Nuova iniziativa stamattina, mercoledì 25 novembre, da parte degli “Studenti contro il nuovo ISEE di Brescia” (qui la loro pagina Facebook”.
Nelle scorse settimane un gruppo di universitari autoconvocati avevano organizzato una lunga serie di banchetti informativi contro il nuovo calcolo dell’ISEE.
Obiettivo: informare la popolazione universitaria e raccoglie firme in calce a una petizione in sei punti (vedi immagine il fondo a questo post per leggerla) da sottoporre all’attenzione del Rettore dell’università degli Studi di Brescia, Sergio Pecorelli, e all’Istituto per il diritto allo studio universitario, l’Isu.
Della petizione e dell’incontro avuto con un vice-rettore e un dirigente questa mattina ci parlano Ruggero e Vanessa degli Studenti contro il nuovo Isee Brescia.
Alla fine sono state quasi 800 le firme raccolte, consegnate in mattinata ai vertici dell’Ateneo bresciano, in piazza del Mercato
MODIFICHE ISEE – Le proteste contro il nuovo ISEE non riguardano solo Brescia, ma ormai gli atenei di tutta Italia. IMG_20151125_112112Ma cosa è cambiato?
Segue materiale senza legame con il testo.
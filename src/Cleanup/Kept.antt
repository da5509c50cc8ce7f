-- ===== src/Cleanup/Kept.antt =====
-- A run of the cleanup keeps the objects that the database refers to.
use cqwu_achievement_system.Prelude.{
  ℕ, zero, suc, ◌≡◌, refl, ap, Bool, true, false, ◌||◌, ◌==◌, String, Option, none, some, List, [],
  ◌∷◌, ◌++◌, any, str_eq, All, All-append, if◌then◌else◌,
}
use cqwu_achievement_system.Effect.{
  Result, ok, err, Action, Fault, works, refused, reply_lost, OnOk, Ensures, >>=-Ensures, pure,
  next_fault, later_faults,
}
use cqwu_achievement_system.Storage.{Client, StorageError, delete_objects}
use cqwu_achievement_system.Storage.Untouched.{delete_objects-Preserves}
use cqwu_achievement_system.Server.{FileRow}
use cqwu_achievement_system.Users.{User}
use cqwu_achievement_system.Access.Pattern.{starts_with}
use cqwu_achievement_system.Cleanup.{
  ListedObject, ListOutput, Lister, keys_of_contents, old_key, is_old, next_page, list_pages,
  list_object_keys_with_prefix_older_than, Deployment, archive_keys_in_db, avatar_keys_in_db,
  orphans, on_bucket, query, answer, lock_under, try_advisory_lock, advisory_unlock, list_keys,
  delete_orphans, cleanup, if_acquired, cleanup_orphan_persistent_objects,
}
use cqwu_achievement_system.Cleanup.Orphans.{Referenced, Prefixed, orphans-Referenced}

abbrev pub Under : String → Option String → Type 0
Under prefix none = Unit
Under prefix (some key) = starts_with prefix key ≡ true

-- Every key of a page has the prefix.
abbrev pub PageUnder : String → ListOutput → Type 0
PageUnder prefix output = All (λ (o : ListedObject). Under prefix o.key) output.contents

module _ (prefix : String) (min_age now : ℕ) where
  old_key-Prefixed :
      (key : Option String) (modified : Option ℕ) (keys : List String)
      → Under prefix key
      → Prefixed prefix keys
      → Prefixed prefix (old_key min_age now key modified keys)
  old_key-Prefixed none modified keys h p = p
  old_key-Prefixed (some key) modified keys h p =
      by_age (min_age == 0 || is_old min_age now modified)
    where
      by_age : (b : Bool) → Prefixed prefix (if b then key ∷ keys else keys)
      by_age true = (h, p)
      by_age false = p

  keys_of_contents-Prefixed :
      (os : List ListedObject)
      → All (λ (o : ListedObject). Under prefix o.key) os
      → Prefixed prefix (keys_of_contents min_age now os)
  unfolding keys_of_contents
  keys_of_contents-Prefixed [] h = tt
  keys_of_contents-Prefixed (o ∷ os) h =
      old_key-Prefixed o.key o.last_modified (keys_of_contents min_age now os) h.0
        (keys_of_contents-Prefixed os h.1)

module _ {S : Type 0} (list_objects : Lister S) (client : Client S) (Holds : S → Type 0)
    (lists : (prefix : String) (token : Option String)
      → Ensures Holds (PageUnder prefix) (list_objects prefix token))
    (min_age pages : ℕ) where
  list_pages-Ensures :
      (prefix : String) (now n : ℕ) (keys : List String) (token : Option String)
      → Prefixed prefix keys
      → Ensures Holds (Prefixed prefix) (list_pages list_objects prefix min_age now n keys token)
  unfolding list_pages
  list_pages-Ensures prefix now zero keys token p = λ s c. (c, tt)
  list_pages-Ensures prefix now (suc n) keys token p =
      >>=-Ensures Holds (PageUnder prefix) (Prefixed prefix) (list_objects prefix token) _
        (lists prefix token)
        λ output q.
          next (list_pages-Ensures prefix now n) (next_page output)
            (keys ++ keys_of_contents min_age now output.contents)
            (All-append _ keys _ p (keys_of_contents-Prefixed prefix min_age now output.contents q))
    where
      next :
          ((found : List String) (t : Option String)
            → Prefixed prefix found
            → Ensures Holds
                (Prefixed prefix)
                (list_pages list_objects prefix min_age now n found t))
          → (o : Option String) (found : List String) → Prefixed prefix found
          → Ensures {E = StorageError} Holds (Prefixed prefix) (elim o [
            | none ↦ pure found
            | some t ↦ list_pages list_objects prefix min_age now n found (some t)
          ])
      next rest none found f = λ s c. (c, f)
      next rest (some t) found f = rest found (some t) f

  listing-Ensures :
      (prefix : String) (clock : Option ℕ)
      → Ensures Holds
          (Prefixed prefix)
          (list_object_keys_with_prefix_older_than list_objects prefix min_age clock pages)
  unfolding list_object_keys_with_prefix_older_than
  listing-Ensures prefix none = λ s c. (c, tt)
  listing-Ensures prefix (some now) = list_pages-Ensures prefix now pages [] none tt

  module _ (fs : List FileRow) (us : List User) where
    -- The tables are as they were, and the object is there.
    abbrev Kept : Deployment S → Type 0
    Kept w = (w.files ≡ fs) × (w.users ≡ us) × Holds w.bucket

    on_bucket-Ensures :
        {A : Type 0} (Q : A → Type 0) (m : Action S StorageError A)
        → Ensures Holds Q m
        → Ensures Kept Q (on_bucket m)
    on_bucket-Ensures Q m h w (f, u, c) = ((f, u, (h w.bucket c).0), (h w.bucket c).1)

    query-Ensures :
        {A : Type 0} (read : Deployment S → A) (v : A)
        → ((w : Deployment S) → Kept w → read w ≡ v)
        → Ensures Kept (λ x. x ≡ v) (query read)
    query-Ensures {A} read v h w k = (k, answered (next_fault w.faults) (read w) (h w k))
      where
        answered : (x : Fault) (a : A) → a ≡ v → OnOk (λ b. b ≡ v) (answer x a)
        answered works a e = e
        answered refused a e = tt
        answered reply_lost a e = tt

    try_advisory_lock-Ensures : Ensures Kept (λ b. Unit {0}) try_advisory_lock
    unfolding try_advisory_lock
    try_advisory_lock-Ensures w k =
        under_fault (next_fault w.faults) (record w { faults = later_faults w.faults }) k
      where
        under_fault :
            (x : Fault) (v : Deployment S)
            → Kept v
            → Kept (lock_under x v).1 × OnOk (λ b. Unit {0}) (lock_under x v).0
        under_fault works v h = (h, tt)
        under_fault refused v h = (h, tt)
        under_fault reply_lost v h = (h, tt)

    module _ (key : String)
        (leaves : (keys : List String) (s : S)
          → any (str_eq key) keys ≡ false
          → Holds s
          → Holds (client.delete_objects keys s).1)
        (referenced : Referenced fs us key) where
      delete_orphans-Ensures :
          (keys : List String)
          → any (str_eq key) keys ≡ false
          → Ensures Kept (λ u. Unit {0}) (delete_orphans list_objects client min_age pages keys)
      delete_orphans-Ensures [] h = λ w k. (k, tt)
      delete_orphans-Ensures (k ∷ ks) h =
          on_bucket-Ensures (λ u. Unit {0}) (delete_objects client (k ∷ ks))
            λ s c. (delete_objects-Preserves client key Holds leaves (k ∷ ks) h s c, nothing _)
        where
          nothing : (r : Result StorageError (Unit {0})) → OnOk (λ u. Unit {0}) r
          nothing (ok u) = tt
          nothing (err e) = tt

      list_keys-Ensures :
          (prefix : String)
          → Ensures Kept (Prefixed prefix) (list_keys list_objects client min_age pages prefix)
      list_keys-Ensures prefix w =
          on_bucket-Ensures (Prefixed prefix)
            (list_object_keys_with_prefix_older_than list_objects prefix min_age w.clock pages)
            (listing-Ensures prefix w.clock) w

      cleanup-Ensures : Ensures Kept (λ u. Unit {0}) (cleanup list_objects client min_age pages)
      unfolding cleanup
      cleanup-Ensures =
          >>=-Ensures Kept (Prefixed "archive/") (λ u. Unit {0})
            (list_keys list_objects client min_age pages "archive/") _
            (list_keys-Ensures "archive/")
            λ archive p.
              >>=-Ensures Kept (Prefixed "avatar/") (λ u. Unit {0})
                (list_keys list_objects client min_age pages "avatar/") _
                (list_keys-Ensures "avatar/")
                λ avatar q.
                  >>=-Ensures Kept (λ x. x ≡ archive_keys_in_db fs) (λ u. Unit {0})
                    (query (λ w. archive_keys_in_db w.files)) _
                    (query-Ensures _ (archive_keys_in_db fs) λ w k. ap archive_keys_in_db k.0)
                    λ db e.
                      >>=-Ensures Kept (λ x. x ≡ avatar_keys_in_db us) (λ u. Unit {0})
                        (query (λ w. avatar_keys_in_db w.users)) _
                        (query-Ensures _ (avatar_keys_in_db us) λ w k. ap avatar_keys_in_db k.1)
                        λ av f.
                          delete_orphans-Ensures (orphans archive db avatar av)
                            (rw (e, f) (orphans-Referenced key fs us archive avatar referenced p q))

      run-Ensures :
          Ensures Kept
            (λ u. Unit {0})
            (cleanup_orphan_persistent_objects list_objects client min_age pages)
      unfolding cleanup_orphan_persistent_objects advisory_unlock
      run-Ensures =
          >>=-Ensures Kept (λ u. u ≡ tt) (λ u. Unit {0}) (query (λ w. tt)) _
            (query-Ensures _ tt λ w k. refl)
            λ u e.
              >>=-Ensures Kept (λ b. Unit {0}) (λ u. Unit {0}) try_advisory_lock _
                try_advisory_lock-Ensures λ b t. acquired b
        where
          acquired :
              (b : Bool)
              → Ensures Kept (λ u. Unit {0}) (if_acquired list_objects client min_age pages b)
          acquired false = λ w k. (k, tt)
          acquired true = λ w k. cleanup-Ensures w k

  -- When the database refers to an object, in a file row of an archive or as an avatar, the cleanup
  -- leaves the object, whatever the listings answer, however long they are, and whichever
  -- statements and requests fail. It relies on the service in three points: a listing names keys with
  -- its prefix only, it changes nothing the object needs to be there, and a request to delete some
  -- keys leaves the objects of the others.
  pub Referenced-Holds :
      (key : String)
      → ((keys : List String) (s : S)
          → any (str_eq key) keys ≡ false
          → Holds s
          → Holds (client.delete_objects keys s).1)
      → (w : Deployment S) → Referenced w.files w.users key
      → Holds w.bucket
      → Holds (cleanup_orphan_persistent_objects list_objects client min_age pages w).1.bucket
  Referenced-Holds key leaves w r h =
      (run-Ensures w.files w.users key leaves r w (refl, refl, h)).0.2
Il calcolo dell’ISEE (acronimo che sta per Indicatore della Situazione Economica Equivalente, necessario per accedere a prestazioni sociali agevolati come borse di studio, alloggi universitari, calcolo delle tasse, etc) si basa ancora sul rapporto tra l’ISE (Indicatore della Situazione Economica), calcolato con la somma dei redditi a cui viene aggiunto il 20% del valore dei beni mobiliari e immobiliari di tutti i componenti del nucleo familiare, e il parametro chiamato “Scala di Equivalenza”.
Il “trucco” governativo sta nel fatto di avere inserito nel calcolo anche somme in precedenza fiscalmente esenti (assegno per il nucleo familiare, assegno sociale, indennità daccompagnamento, la stessa borsa di studio, etc), a cui aggiungere tutta un’altra serie di fattori come:
redditi soggetti a ritenuta a titolo d’imposta
redditi esenti da imposta
redditi da lavoro dipendente prestato all’estero
assegni per il mantenimento dei figli effettivamente percepiti
trattamenti assistenziali, previdenziali e indennitari
redditi fondiari relativi a beni non locati soggettiall’IMU e non indicati ai fini IRPEF
reddito lordo dichiarato a fini fiscali nel Paese di residenza dei componenti iscritti all’AIRE.
Di fatto, quindi, gli studenti “sembrano” più ricchi, senza in realtà esserlo.